→ Task
Here is the task for the records below: repeat exactly the lines from the one with "let same' : heard.opts" to the one with "(hears-IsUp i (length", both included, and nothing else.

Stored data entries
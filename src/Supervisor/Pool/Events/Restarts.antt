-- ===== src/Supervisor/Pool/Events/Restarts.antt =====
-- Restarts: the delay before one, and how it grows while a worker keeps crashing.
use native.Mathlib.Nat.{pow-suc}
use serverless_harness.Base.{
  ℕ, zero, suc, ◌+◌, ◌*◌, ◌^◌, min, ◌≤◌, ◌<◌, ◌≡◌, refl, sym, ◌∙◌, ap, subst, Bool, true, false,
  none, some, Option, List, [], ◌∷◌, ◌++◌, arith, nat_beq_iff, if◌then◌else◌, get_elem?, put_at,
  length,
}
use serverless_harness.Supervisor.Pool.State.{
  Handle, Slot, PoolOptions, Pool, write, set_slot, slot_at,
}
use serverless_harness.Supervisor.Pool.Events.Steady.{
  Told, notify_if_idle-Told, hears, hears-Steady,
}
use serverless_harness.Supervisor.Pool.Events.{
  Message, max_backoff_ms, crashes_of, settled_crashes, backoff, spawn, notify_if_idle,
  restart_later, on_exit, restart, on_timer,
}

-- A delay is the first one doubled for each crash so far, and never above the cap.
pub backoff_bounds :
    (opts : PoolOptions) (crashes : ℕ)
    → (backoff opts crashes ≤ max_backoff_ms) × (backoff opts crashes ≤ backoff opts (suc crashes))
unfolding backoff
backoff_bounds opts crashes =
    (omega arith, omega (arith, ap (λ (t : ℕ). opts.restart_backoff_ms * t) (pow-suc 2 crashes)))

-- The worker at index `i`, whose slot has crashed `crashes` times before and started at `started`; no
-- restart is due.
pub record IsUp (p : Pool) (i crashes started : ℕ) : Type 0 where
  pub slot : ℕ
  pub at : slot_at p i ≡ some slot
  pub id : (p.cells slot).id ≡ i
  pub allocated : slot < p.next
  pub crashed : (p.cells slot).crashes ≡ crashes
  pub since : (p.cells slot).started_at ≡ started
  pub quiet : p.timers ≡ []
  pub running : p.shutting_down ≡ false

-- The worker says something, exits at one time, and its restart forks the next at another.
pub record Crash : Type 0 where
  pub said : List Message
  pub exited_at : ℕ
  pub forked_at : ℕ
  pub handle : Handle

abbrev pub exits : Option ℕ → List Message → ℕ → Pool → Pool
exits none said now p = p
exits (some r) said now p = on_exit r now (hears r said p)

-- The worker at index `i` crashes, and then its timer goes off.
pub crash : ℕ → Crash → Pool → Pool
crash i c p = on_timer 0 c.forked_at c.handle (exits (slot_at p i) c.said c.exited_at p)

-- It had not run for `healthyRunMs`.
abbrev pub IsQuick : PoolOptions → ℕ → Crash → Type 0
IsQuick opts started c = c.exited_at < started + opts.healthy_run_ms

get_elem?-put_at_self :
    (xs : List ℕ) (i v r : ℕ) → get_elem? xs i ≡ some r → get_elem? (put_at xs i v) i ≡ some v
get_elem?-put_at_self [] i v r h = cc
get_elem?-put_at_self (x ∷ xs) zero v r h = refl
get_elem?-put_at_self (x ∷ xs) (suc i) v r h = get_elem?-put_at_self xs i v r h

-- What an exit does to a pool that is not shutting down, where the worker had not run for long.
record Exited (p : Pool) (r : ℕ) (q : Pool) : Type 0 where
  crashes : (q.cells r).crashes ≡ suc (p.cells r).crashes
  slots : q.slots ≡ p.slots
  next : q.next ≡ p.next
  opts : q.opts ≡ p.opts
  running : q.shutting_down ≡ false
  timers : q.timers ≡ p.timers ++ ((p.cells r).id, backoff p.opts (p.cells r).crashes) ∷ []

-- What a worker says leaves it up.
hears-IsUp :
    (i crashes started : ℕ) (said : List Message) (p : Pool) (u : IsUp p i crashes started)
    → IsUp (hears u.slot said p) i crashes started
hears-IsUp i crashes started said p u =
    let s = hears-Steady u.slot said p in
    record {
      slot = u.slot;
      at = ap (λ l. get_elem? l i) s.slots ∙ u.at;
      id = s.id ∙ u.id;
      allocated = subst (λ n. u.slot < n) (sym s.next) u.allocated;
      crashed = s.crashes ∙ u.crashed;
      since = s.since ∙ u.since;
      quiet = s.timers ∙ u.quiet;
      running = s.running ∙ u.running;
    }

settled_crashes-quick :
    (opts : PoolOptions) (now : ℕ) (s : Slot)
    → now < s.started_at + opts.healthy_run_ms
    → settled_crashes opts now s ≡ s.crashes
unfolding settled_crashes
settled_crashes-quick opts now s h = ground arith

write_eq : (cells : ℕ → Slot) (r : ℕ) (s : Slot) → write r s cells r ≡ s
write_eq cells r s = ground (arith, nat_beq_iff r r)

restart_later-Exited :
    (r now : ℕ) (p d : Pool) (s : Slot)
    → Told (set_slot r s p) d
    → s.crashes ≡ (p.cells r).crashes
    → s.started_at ≡ (p.cells r).started_at
    → s.id ≡ (p.cells r).id
    → p.shutting_down ≡ false
    → now < (p.cells r).started_at + p.opts.healthy_run_ms
    → Exited p r (restart_later r now d)
unfolding set_slot
restart_later-Exited r now p d s t crashes started id h quick =
    let here : d.cells r ≡ s = ap (λ c. c r) t.cells ∙ write_eq p.cells r s in
    let kept : settled_crashes d.opts now (d.cells r) ≡ (p.cells r).crashes =
      rw (t.opts, here) (settled_crashes-quick p.opts now s (rw started quick) ∙ crashes) in
    let same_id : (d.cells r).id ≡ (p.cells r).id = ap (λ (c : Slot). c.id) here ∙ id in
    record {
      crashes = ap (λ (c : Slot). c.crashes) (write_eq d.cells r _) ∙ ap suc kept;
      slots = t.slots;
      next = t.next;
      opts = t.opts;
      running = t.running ∙ h;
      timers = cc (t.timers, t.opts, same_id, kept);
    }

set_slot-running : (r : ℕ) (s : Slot) (p : Pool) → (set_slot r s p).shutting_down ≡ p.shutting_down
unfolding set_slot
set_slot-running r s p = refl

on_exit-Exited :
    (r now : ℕ) (p : Pool)
    → p.shutting_down ≡ false
    → now < (p.cells r).started_at + p.opts.healthy_run_ms
    → Exited p r (on_exit r now p)
unfolding on_exit
on_exit-Exited r now p h quick =
    let s = record (p.cells r) { healthy = false; in_flight = 0 } in
    let t = notify_if_idle-Told (set_slot r s p) in
    let up : (notify_if_idle (set_slot r s p)).shutting_down ≡ false =
      t.running ∙ set_slot-running r s p ∙ h in
    either-way _ _ _ up (restart_later-Exited r now p _ s t refl refl refl h quick)
  where
    either-way :
        (b : Bool) (d e : Pool) → b ≡ false → Exited p r e → Exited p r (if b then d else e)
    either-way true d e h x = absurd (cc)
    either-way false d e h x = x

abbrev emptied : Pool → Pool
emptied p = record p { timers = [] }

on_timer_due :
    (i delay now : ℕ) (handle : Handle) (p : Pool)
    → p.timers ≡ (i, delay) ∷ []
    → p.shutting_down ≡ false
    → on_timer 0 now handle p ≡ spawn i now handle (emptied p)
unfolding on_timer restart
on_timer_due i delay now handle p due up = ground arith

spawn-IsUp :
    (i r crashes now : ℕ) (handle : Handle) (p : Pool)
    → slot_at p i ≡ some r
    → (p.cells r).crashes ≡ crashes
    → p.shutting_down ≡ false
    → IsUp (spawn i now handle (emptied p)) i crashes now
unfolding spawn
spawn-IsUp i r crashes now handle p at c up =
    let new = write_eq p.cells p.next in
    record {
      slot = p.next;
      at = get_elem?-put_at_self p.slots i p.next r at;
      id = ap (λ (s : Slot). s.id) (new _);
      allocated = omega arith;
      crashed = ap (λ (s : Slot). s.crashes) (new _) ∙ ap (crashes_of p.cells) at ∙ c;
      since = ap (λ (s : Slot). s.started_at) (new _);
      quiet = refl;
      running = up;
    }

spawn-opts :
    (i now : ℕ) (handle : Handle) (p : Pool) → (spawn i now handle (emptied p)).opts ≡ p.opts
unfolding spawn
spawn-opts i now handle p = refl

-- The exit of a worker that had not run for long: the one restart that is due then, and its delay.
pub exit_delay :
    (i crashes started now : ℕ) (p : Pool) (u : IsUp p i crashes started)
    → now < started + p.opts.healthy_run_ms
    → (on_exit u.slot now p).timers ≡ (i, backoff p.opts crashes) ∷ []
exit_delay i crashes started now p u quick =
    let x = on_exit-Exited u.slot now p u.running (rw (u.since) quick) in
    cc (x.timers, u.quiet, u.id, u.crashed)

-- A quick crash and the restart after it: the worker at the index is new, and has crashed once more.
crash-IsUp :
    (i crashes started : ℕ) (c : Crash) (p : Pool)
    → IsUp p i crashes started
    → IsQuick p.opts started c
    → IsUp (crash i c p) i (suc crashes) c.forked_at × ((crash i c p).opts ≡ p.opts)
unfolding crash hears-IsUp
crash-IsUp i crashes started c p u quick =
    let heard = hears u.slot c.said p in
    let steady = hears-Steady u.slot c.said p in
    let v = hears-IsUp i crashes started c.said p u in
    let soon = subst (λ o. IsQuick o started c) (sym steady.opts) quick in
    let q = on_exit u.slot c.exited_at heard in
    let x = on_exit-Exited u.slot c.exited_at heard v.running (rw (v.since) soon) in
    let due = exit_delay i crashes started c.exited_at heard v soon in
    let at : slot_at q i ≡ some u.slot =
      subst (λ l. get_elem? l i ≡ some u.slot) (sym x.slots) v.at in
    rw (u.at, exits)
      (rw (on_timer_due i _ c.forked_at c.handle q due x.running) (
        spawn-IsUp i u.slot (suc crashes) c.forked_at c.handle q at (x.crashes ∙ ap suc v.crashed)
            x.running,
        spawn-opts i c.forked_at c.handle q ∙ x.opts ∙ steady.opts,
      ))

pub crash_run : ℕ → List Crash → Pool → Pool
crash_run i [] p = p
crash_run i (c ∷ cs) p = crash_run i cs (crash i c p)

-- Each crash of the run comes before the worker has run for `healthyRunMs`.
abbrev pub AllQuick : PoolOptions → ℕ → List Crash → Type 0
AllQuick opts started [] = Unit
AllQuick opts started (c ∷ cs) = IsQuick opts started c × AllQuick opts c.forked_at cs

abbrev pub last_fork : ℕ → List Crash → ℕ
last_fork started [] = started
last_fork started (c ∷ cs) = last_fork c.forked_at cs

crash_run-IsUp :
    (i crashes started : ℕ) (cs : List Crash) (p : Pool)
    → IsUp p i crashes started
    → AllQuick p.opts started cs
    → IsUp (crash_run i cs p) i (crashes + length cs) (last_fork started cs)
      × ((crash_run i cs p).opts ≡ p.opts)
unfolding crash_run
crash_run-IsUp i crashes started [] p u q =
    (subst (λ n. IsUp p i n started) (let e : crashes ≡ crashes + 0 = omega arith in e) u, refl)
crash_run-IsUp i crashes started (c ∷ cs) p u q =
    let (up, same) = crash-IsUp i crashes started c p u q.0 in
    let (rest, same') =
      crash_run-IsUp i (suc crashes) c.forked_at cs (crash i c p) up
        (subst (λ o. AllQuick o c.forked_at cs) (sym same) q.1) in
    (
      subst (λ n. IsUp (crash_run i cs (crash i c p)) i n (last_fork c.forked_at cs))
          (let e : suc crashes + length cs ≡ crashes + suc (length cs) = omega arith in e) rest,
      same' ∙ same,
    )

-- A worker that starts with a clean record and keeps crashing before it has run for `healthyRunMs`, whatever
-- messages it sends before each crash, and while nothing else happens to the pool and no other restart is due, is
-- restarted each time, and after `n` such crashes the next one makes exactly one restart due, at its own index and
-- after `restartBackoffMs * 2 ^ n` milliseconds or 30 s, whichever is less.
pub crash_run-delay :
    (i started now : ℕ) (cs : List Crash) (said : List Message) (p : Pool)
    → IsUp p i 0 started
    → AllQuick p.opts started cs
    → now < last_fork started cs + p.opts.healthy_run_ms
    → (u : IsUp (crash_run i cs p) i (length cs) (last_fork started cs)) × ((on_exit u.slot now
          (hears u.slot said (crash_run i cs p))).timers
        ≡ (i, min (p.opts.restart_backoff_ms * 2 ^ length cs) max_backoff_ms) ∷ [])
unfolding backoff hears-IsUp
crash_run-delay i started now cs said p u q quick =
    let (up, same) = crash_run-IsUp i 0 started cs p u q in
    let up' =
      subst (λ n. IsUp (crash_run i cs p) i n (last_fork started cs))
        (let e : 0 + length cs ≡ length cs = omega arith in e) up in
    let heard = hears up'.slot said (crash_run i cs p) in
    let same' : heard.opts ≡ p.opts = (hears-Steady up'.slot said (crash_run i cs p)).opts ∙ same in
    let d =
      exit_delay i (length cs) (last_fork started cs) now heard
        (hears-IsUp i (length cs) (last_fork started cs) said (crash_run i cs p) up')
        (rw same' quick) in
    (up', d ∙ ap (λ o. (i, backoff o (length cs)) ∷ []) same')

→ Output of the exercise
    let same' : heard.opts ≡ p.opts = (hears-Steady up'.slot said (crash_run i cs p)).opts ∙ same in
    let d =
      exit_delay i (length cs) (last_fork started cs) now heard
        (hears-IsUp i (length cs) (last_fork started cs) said (crash_run i cs p) up')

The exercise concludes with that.